§ **Task to carry out**:
Please return every line from the entries that has the string "IsFraction" in it.

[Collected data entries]
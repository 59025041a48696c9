-- ===== src/BigRational/Field.antt =====
-- The field operations of BigRational: each result is the rational result in lowest terms.
use nimble_cas.Prelude.{ℕ, zero, suc, ◌*◌, ◌<◌, ◌≡◌, ◌≢◌, refl, ap, ap₂, subst, sym, ◌∙◌, arith}
use nimble_cas.Prelude.Int.{ℤ, pos, negsuc, neg_ℤ, nat_abs, ◌+ℤ◌, ◌-ℤ◌, ◌*ℤ◌, nat_abs-*ℤ}
use nimble_cas.BigInt.{BigInt, multiply as int_multiply}
use nimble_cas.BigInt.Value.{to_ℤ, IsValid, negate_lem}
use nimble_cas.BigInt.Arith.{Is, add_lem, subtract_lem, multiply_lem}
use nimble_cas.BigRational.{
  BigRational, normalise, add, subtract, multiply, negate, divide, reciprocal, is_zero,
}
use nimble_cas.BigRational.Exact.{Coprime}
use nimble_cas.BigRational.Reduced.{IsReduced, IsFraction, IsQuotient, quotient, normalise_lem}

pub den-nonzero : (a : BigRational) → IsReduced a → to_ℤ a.den ≢ pos 0
den-nonzero a h e = absurd (omega (arith, h.den_pos, ap nat_abs (sym h.den_is ∙ e)))

pub product-nonzero : (a b : ℤ) → a ≢ pos 0 → b ≢ pos 0 → a *ℤ b ≢ pos 0
product-nonzero a b ha hb e =
    nonzero (nat_abs a) (nat_abs b) (positive a ha) (positive b hb)
      (sym (nat_abs-*ℤ a b) ∙ ap nat_abs e)
  where
    positive : (c : ℤ) → c ≢ pos 0 → 0 < nat_abs c
    positive (pos zero) h = absurd (h refl)
    positive (pos (suc n)) h = omega arith
    positive (negsuc n) h = omega arith

    nonzero : (m n : ℕ) → 0 < m → 0 < n → m * n ≡ 0 → ⊥
    nonzero zero n hm hn e = omega arith
    nonzero (suc m) n hm hn e = omega arith

-- normalise of operands that stand for n and d.
pub normalise-Is :
    (num den : BigInt) (n d : ℤ)
    → Is num n
    → Is den d
    → d ≢ pos 0
    → IsFraction (normalise num den) n d
normalise-Is num den n d hn hd ne =
    let p = normalise_lem num den hn.0 hd.0 (λ z. ne (sym hd.1 ∙ z)) in
    (p.0, p.1, p.2, ap (λ t. to_ℤ p.0.num *ℤ t) (sym hd.1) ∙ p.3 ∙ ap (λ t. t *ℤ to_ℤ p.0.den) hn.1)

product : (a b : BigInt) → IsValid a → IsValid b → Is (int_multiply a b) (to_ℤ a *ℤ to_ℤ b)
product = multiply_lem

-- The common denominator of two fractions.
denominators :
    (a b : BigRational)
    → IsReduced a
    → IsReduced b
    → Is (int_multiply a.den b.den) (to_ℤ a.den *ℤ to_ℤ b.den) × (to_ℤ a.den *ℤ to_ℤ b.den ≢ pos 0)
denominators a b ha hb = (
  multiply_lem a.den b.den ha.den_valid hb.den_valid,
  product-nonzero (to_ℤ a.den) (to_ℤ b.den) (den-nonzero a ha) (den-nonzero b hb),
)

-- For fractions in lowest terms, add fails no assertion and returns the fraction in lowest terms
-- that equals (a.num * b.den + b.num * a.den) / (a.den * b.den).
pub rational-add :
    (a b : BigRational)
    → IsReduced a
    → IsReduced b
    → IsFraction
        (add a b)
        (to_ℤ a.num *ℤ to_ℤ b.den +ℤ to_ℤ b.num *ℤ to_ℤ a.den)
        (to_ℤ a.den *ℤ to_ℤ b.den)
unfolding add
rational-add a b ha hb =
    let l = multiply_lem a.num b.den ha.num_valid hb.den_valid in
    let r = multiply_lem b.num a.den hb.num_valid ha.den_valid in
    let s = add_lem _ _ l.0 r.0 in
    let d = denominators a b ha hb in normalise-Is _ _ _ _ (s.0, s.1 ∙ ap₂ ◌+ℤ◌ l.1 r.1) d.0 d.1

-- For fractions in lowest terms, subtract fails no assertion and returns the fraction in lowest
-- terms that equals (a.num * b.den - b.num * a.den) / (a.den * b.den).
pub rational-subtract :
    (a b : BigRational)
    → IsReduced a
    → IsReduced b
    → IsFraction
        (subtract a b)
        (to_ℤ a.num *ℤ to_ℤ b.den -ℤ to_ℤ b.num *ℤ to_ℤ a.den)
        (to_ℤ a.den *ℤ to_ℤ b.den)
unfolding subtract
rational-subtract a b ha hb =
    let l = multiply_lem a.num b.den ha.num_valid hb.den_valid in
    let r = multiply_lem b.num a.den hb.num_valid ha.den_valid in
    let s = subtract_lem _ _ l.0 r.0 in
    let d = denominators a b ha hb in normalise-Is _ _ _ _ (s.0, s.1 ∙ ap₂ ◌-ℤ◌ l.1 r.1) d.0 d.1

-- For fractions in lowest terms, multiply fails no assertion and returns the fraction in lowest
-- terms that equals (a.num * b.num) / (a.den * b.den).
pub rational-multiply :
    (a b : BigRational)
    → IsReduced a
    → IsReduced b
    → IsFraction (multiply a b) (to_ℤ a.num *ℤ to_ℤ b.num) (to_ℤ a.den *ℤ to_ℤ b.den)
unfolding multiply
rational-multiply a b ha hb =
    let n = multiply_lem a.num b.num ha.num_valid hb.num_valid in
    let d = denominators a b ha hb in normalise-Is _ _ _ _ n d.0 d.1

nat_abs-neg_ℤ : (a : ℤ) → nat_abs (neg_ℤ a) ≡ nat_abs a
nat_abs-neg_ℤ a = ground arith

-- For a fraction in lowest terms, negate returns one in lowest terms with the negated numerator
-- and the same denominator.
pub rational-negate :
    (a : BigRational)
    → IsReduced a
    → IsReduced (negate a) × (to_ℤ (negate a).num ≡ neg_ℤ (to_ℤ a.num)) × ((negate a).den ≡ a.den)
unfolding negate
rational-negate a h =
    let n = negate_lem a.num h.num_valid in
    (
      record {
        num_valid = n.0;
        den_valid = h.den_valid;
        below = h.below;
        den_is = h.den_is;
        den_pos = h.den_pos;
        coprime =
            subst (λ m. Coprime m h.below) (sym (ap nat_abs n.1 ∙ nat_abs-neg_ℤ (to_ℤ a.num)))
              h.coprime;
      },
      n.1,
      refl,
    )

-- For fractions in lowest terms, divide returns division_by_zero exactly when the divisor's
-- numerator is zero, and otherwise the fraction in lowest terms that equals (a.num * b.den) /
-- (a.den * b.num).
pub rational-divide :
    (a b : BigRational)
    → IsReduced a
    → IsReduced b
    → IsQuotient (divide a b) (to_ℤ b.num) (to_ℤ a.num *ℤ to_ℤ b.den) (to_ℤ a.den *ℤ to_ℤ b.num)
unfolding divide is_zero
rational-divide a b ha hb = quotient b.num _ _ _ hb.num_valid (λ ne.
    normalise-Is _ _ _ _ (multiply_lem a.num b.den ha.num_valid hb.den_valid)
      (multiply_lem a.den b.num ha.den_valid hb.num_valid)
      (product-nonzero (to_ℤ a.den) (to_ℤ b.num) (den-nonzero a ha) ne))

-- For a fraction in lowest terms, reciprocal returns division_by_zero exactly when the numerator
-- is zero, and otherwise the fraction in lowest terms that equals den / num.
pub rational-reciprocal :
    (a : BigRational)
    → IsReduced a
    → IsQuotient (reciprocal a) (to_ℤ a.num) (to_ℤ a.den) (to_ℤ a.num)
unfolding reciprocal is_zero
rational-reciprocal a ha =
    quotient a.num _ _ _ ha.num_valid
      (λ ne. normalise-Is _ _ _ _ (ha.den_valid, refl) (ha.num_valid, refl) ne)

§ **Output of the task**:
use nimble_cas.BigRational.Reduced.{IsReduced, IsFraction, IsQuotient, quotient, normalise_lem}
    → IsFraction (normalise num den) n d
    → IsFraction
    → IsFraction
    → IsFraction (multiply a b) (to_ℤ a.num *ℤ to_ℤ b.num) (to_ℤ a.den *ℤ to_ℤ b.den)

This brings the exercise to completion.